● SUPPLIED MATERIAL

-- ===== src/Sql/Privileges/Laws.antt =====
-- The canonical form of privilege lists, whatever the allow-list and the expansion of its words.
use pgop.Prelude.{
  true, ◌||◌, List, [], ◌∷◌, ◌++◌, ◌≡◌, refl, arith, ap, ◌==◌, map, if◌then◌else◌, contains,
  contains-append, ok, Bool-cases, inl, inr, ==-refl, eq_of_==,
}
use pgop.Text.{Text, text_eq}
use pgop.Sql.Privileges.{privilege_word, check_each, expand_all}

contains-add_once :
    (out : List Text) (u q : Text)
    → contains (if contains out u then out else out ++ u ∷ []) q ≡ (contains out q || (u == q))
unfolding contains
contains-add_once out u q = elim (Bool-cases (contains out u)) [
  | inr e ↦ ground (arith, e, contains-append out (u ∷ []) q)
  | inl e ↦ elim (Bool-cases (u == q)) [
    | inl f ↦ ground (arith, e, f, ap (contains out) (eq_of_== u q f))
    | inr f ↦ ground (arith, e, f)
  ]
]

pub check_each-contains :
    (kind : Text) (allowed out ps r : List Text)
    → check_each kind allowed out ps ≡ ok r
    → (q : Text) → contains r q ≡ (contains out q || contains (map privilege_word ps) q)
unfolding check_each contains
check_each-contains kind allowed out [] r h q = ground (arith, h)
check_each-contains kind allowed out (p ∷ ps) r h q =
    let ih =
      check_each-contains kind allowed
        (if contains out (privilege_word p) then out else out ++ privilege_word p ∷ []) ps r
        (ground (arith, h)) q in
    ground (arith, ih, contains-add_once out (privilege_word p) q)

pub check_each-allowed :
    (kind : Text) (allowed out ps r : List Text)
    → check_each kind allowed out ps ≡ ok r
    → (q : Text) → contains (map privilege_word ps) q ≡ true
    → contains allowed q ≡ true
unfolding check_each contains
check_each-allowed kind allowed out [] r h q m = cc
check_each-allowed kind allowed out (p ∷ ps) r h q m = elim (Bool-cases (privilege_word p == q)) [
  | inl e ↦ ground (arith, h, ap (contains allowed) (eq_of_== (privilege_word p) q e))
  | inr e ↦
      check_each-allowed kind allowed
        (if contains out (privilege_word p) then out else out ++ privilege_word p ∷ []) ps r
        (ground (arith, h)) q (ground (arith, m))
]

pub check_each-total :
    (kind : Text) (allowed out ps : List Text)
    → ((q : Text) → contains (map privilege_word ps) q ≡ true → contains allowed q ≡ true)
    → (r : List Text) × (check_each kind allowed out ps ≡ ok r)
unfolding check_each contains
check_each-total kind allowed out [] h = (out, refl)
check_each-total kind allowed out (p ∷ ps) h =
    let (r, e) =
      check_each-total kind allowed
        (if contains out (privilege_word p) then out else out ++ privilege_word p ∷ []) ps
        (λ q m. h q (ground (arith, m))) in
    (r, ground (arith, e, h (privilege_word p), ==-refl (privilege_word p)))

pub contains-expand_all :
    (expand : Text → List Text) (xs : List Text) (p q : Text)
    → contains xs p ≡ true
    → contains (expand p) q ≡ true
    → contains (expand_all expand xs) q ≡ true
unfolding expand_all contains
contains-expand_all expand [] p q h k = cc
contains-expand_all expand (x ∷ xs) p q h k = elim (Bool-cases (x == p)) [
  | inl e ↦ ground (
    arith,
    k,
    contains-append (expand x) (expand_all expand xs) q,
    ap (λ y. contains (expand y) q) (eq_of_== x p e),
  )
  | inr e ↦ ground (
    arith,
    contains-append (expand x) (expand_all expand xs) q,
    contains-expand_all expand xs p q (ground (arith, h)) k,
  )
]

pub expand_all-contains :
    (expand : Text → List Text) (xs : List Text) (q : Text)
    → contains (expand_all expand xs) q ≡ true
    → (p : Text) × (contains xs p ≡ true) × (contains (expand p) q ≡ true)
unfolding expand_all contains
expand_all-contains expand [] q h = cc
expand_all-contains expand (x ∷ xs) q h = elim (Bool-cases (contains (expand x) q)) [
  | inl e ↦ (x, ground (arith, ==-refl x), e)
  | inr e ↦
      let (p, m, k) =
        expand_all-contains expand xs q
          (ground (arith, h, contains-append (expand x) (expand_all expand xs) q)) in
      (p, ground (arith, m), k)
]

--

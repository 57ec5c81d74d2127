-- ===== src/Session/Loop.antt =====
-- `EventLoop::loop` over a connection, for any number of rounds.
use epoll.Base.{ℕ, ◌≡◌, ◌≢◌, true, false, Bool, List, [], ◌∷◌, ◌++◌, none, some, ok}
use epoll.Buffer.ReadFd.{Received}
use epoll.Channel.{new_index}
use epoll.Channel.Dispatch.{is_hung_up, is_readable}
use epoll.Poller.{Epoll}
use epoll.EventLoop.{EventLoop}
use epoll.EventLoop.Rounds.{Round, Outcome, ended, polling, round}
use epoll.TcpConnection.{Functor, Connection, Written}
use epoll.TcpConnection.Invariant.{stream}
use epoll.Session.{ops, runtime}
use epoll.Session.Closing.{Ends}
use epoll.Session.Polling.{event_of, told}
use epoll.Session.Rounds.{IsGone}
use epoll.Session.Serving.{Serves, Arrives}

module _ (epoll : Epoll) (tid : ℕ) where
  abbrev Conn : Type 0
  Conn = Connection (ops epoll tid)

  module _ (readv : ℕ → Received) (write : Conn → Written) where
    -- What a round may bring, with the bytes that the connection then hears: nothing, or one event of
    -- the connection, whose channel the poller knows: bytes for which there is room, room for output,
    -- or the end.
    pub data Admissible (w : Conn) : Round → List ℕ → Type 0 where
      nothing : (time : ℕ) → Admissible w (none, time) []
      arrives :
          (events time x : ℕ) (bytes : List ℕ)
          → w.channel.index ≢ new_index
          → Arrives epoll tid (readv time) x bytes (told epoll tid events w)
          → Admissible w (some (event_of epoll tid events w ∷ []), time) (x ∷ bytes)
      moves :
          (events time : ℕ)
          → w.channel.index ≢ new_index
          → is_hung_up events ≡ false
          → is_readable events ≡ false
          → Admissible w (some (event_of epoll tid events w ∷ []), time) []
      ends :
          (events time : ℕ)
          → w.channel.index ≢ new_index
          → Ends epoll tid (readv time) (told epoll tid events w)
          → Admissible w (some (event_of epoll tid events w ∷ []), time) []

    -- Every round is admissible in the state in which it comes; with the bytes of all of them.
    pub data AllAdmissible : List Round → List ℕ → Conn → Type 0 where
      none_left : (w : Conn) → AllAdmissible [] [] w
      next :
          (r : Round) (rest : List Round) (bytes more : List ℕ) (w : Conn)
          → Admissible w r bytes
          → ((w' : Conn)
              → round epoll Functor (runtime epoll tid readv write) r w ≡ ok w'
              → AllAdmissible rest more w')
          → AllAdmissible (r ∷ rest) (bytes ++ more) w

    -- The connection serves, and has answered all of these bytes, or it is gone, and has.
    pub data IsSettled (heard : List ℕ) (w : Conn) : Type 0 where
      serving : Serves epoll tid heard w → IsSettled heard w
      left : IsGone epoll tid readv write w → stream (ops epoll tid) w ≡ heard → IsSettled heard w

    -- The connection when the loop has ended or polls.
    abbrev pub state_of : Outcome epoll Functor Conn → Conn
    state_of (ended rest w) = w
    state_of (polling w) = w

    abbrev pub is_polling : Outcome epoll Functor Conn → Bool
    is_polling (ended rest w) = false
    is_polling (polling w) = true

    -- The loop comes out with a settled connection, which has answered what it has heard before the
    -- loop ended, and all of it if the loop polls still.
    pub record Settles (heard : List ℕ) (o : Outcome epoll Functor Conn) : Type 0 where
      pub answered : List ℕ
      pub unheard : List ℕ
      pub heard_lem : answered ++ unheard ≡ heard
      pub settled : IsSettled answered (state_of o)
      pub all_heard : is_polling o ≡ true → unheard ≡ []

...

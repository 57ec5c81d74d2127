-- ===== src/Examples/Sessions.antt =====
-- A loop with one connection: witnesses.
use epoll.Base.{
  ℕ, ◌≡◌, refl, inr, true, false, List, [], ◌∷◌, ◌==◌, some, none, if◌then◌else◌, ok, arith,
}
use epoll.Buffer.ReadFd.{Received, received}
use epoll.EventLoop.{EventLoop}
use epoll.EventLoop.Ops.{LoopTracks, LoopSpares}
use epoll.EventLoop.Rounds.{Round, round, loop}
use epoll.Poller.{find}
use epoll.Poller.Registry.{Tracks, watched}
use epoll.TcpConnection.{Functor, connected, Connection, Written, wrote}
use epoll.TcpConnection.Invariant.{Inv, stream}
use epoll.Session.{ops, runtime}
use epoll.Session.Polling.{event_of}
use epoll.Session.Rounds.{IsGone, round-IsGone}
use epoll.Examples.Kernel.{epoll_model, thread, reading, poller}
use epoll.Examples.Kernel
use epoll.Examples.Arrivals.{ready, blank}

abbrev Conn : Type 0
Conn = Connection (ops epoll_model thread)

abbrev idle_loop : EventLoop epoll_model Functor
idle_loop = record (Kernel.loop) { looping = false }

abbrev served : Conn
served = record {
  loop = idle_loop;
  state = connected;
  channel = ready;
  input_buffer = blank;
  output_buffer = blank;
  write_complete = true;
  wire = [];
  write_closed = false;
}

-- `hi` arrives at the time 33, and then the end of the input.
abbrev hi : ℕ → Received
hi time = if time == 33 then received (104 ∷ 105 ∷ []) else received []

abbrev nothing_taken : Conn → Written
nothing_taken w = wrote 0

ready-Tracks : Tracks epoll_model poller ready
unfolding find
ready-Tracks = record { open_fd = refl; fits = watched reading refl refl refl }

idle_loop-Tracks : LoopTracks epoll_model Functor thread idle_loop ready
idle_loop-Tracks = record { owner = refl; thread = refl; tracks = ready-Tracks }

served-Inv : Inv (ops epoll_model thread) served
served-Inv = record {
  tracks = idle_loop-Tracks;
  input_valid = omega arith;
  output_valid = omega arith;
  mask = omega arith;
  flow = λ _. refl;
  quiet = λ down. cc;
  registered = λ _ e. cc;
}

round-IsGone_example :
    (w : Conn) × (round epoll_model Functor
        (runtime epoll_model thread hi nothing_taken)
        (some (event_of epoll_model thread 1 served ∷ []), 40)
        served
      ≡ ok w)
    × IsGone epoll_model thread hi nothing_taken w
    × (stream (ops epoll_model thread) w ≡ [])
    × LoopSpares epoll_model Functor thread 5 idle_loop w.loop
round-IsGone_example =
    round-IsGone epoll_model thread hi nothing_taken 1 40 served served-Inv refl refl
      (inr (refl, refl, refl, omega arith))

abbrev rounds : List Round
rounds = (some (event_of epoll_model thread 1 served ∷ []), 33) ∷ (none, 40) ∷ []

● YOUR INSTRUCTIONS
All lines above with "readv" in them should be returned.

● ANSWER BOX
  module _ (readv : ℕ → Received) (write : Conn → Written) where
          → Arrives epoll tid (readv time) x bytes (told epoll tid events w)
          → Ends epoll tid (readv time) (told epoll tid events w)
              → round epoll Functor (runtime epoll tid readv write) r w ≡ ok w'
      left : IsGone epoll tid readv write w → stream (ops epoll tid) w ≡ heard → IsSettled heard w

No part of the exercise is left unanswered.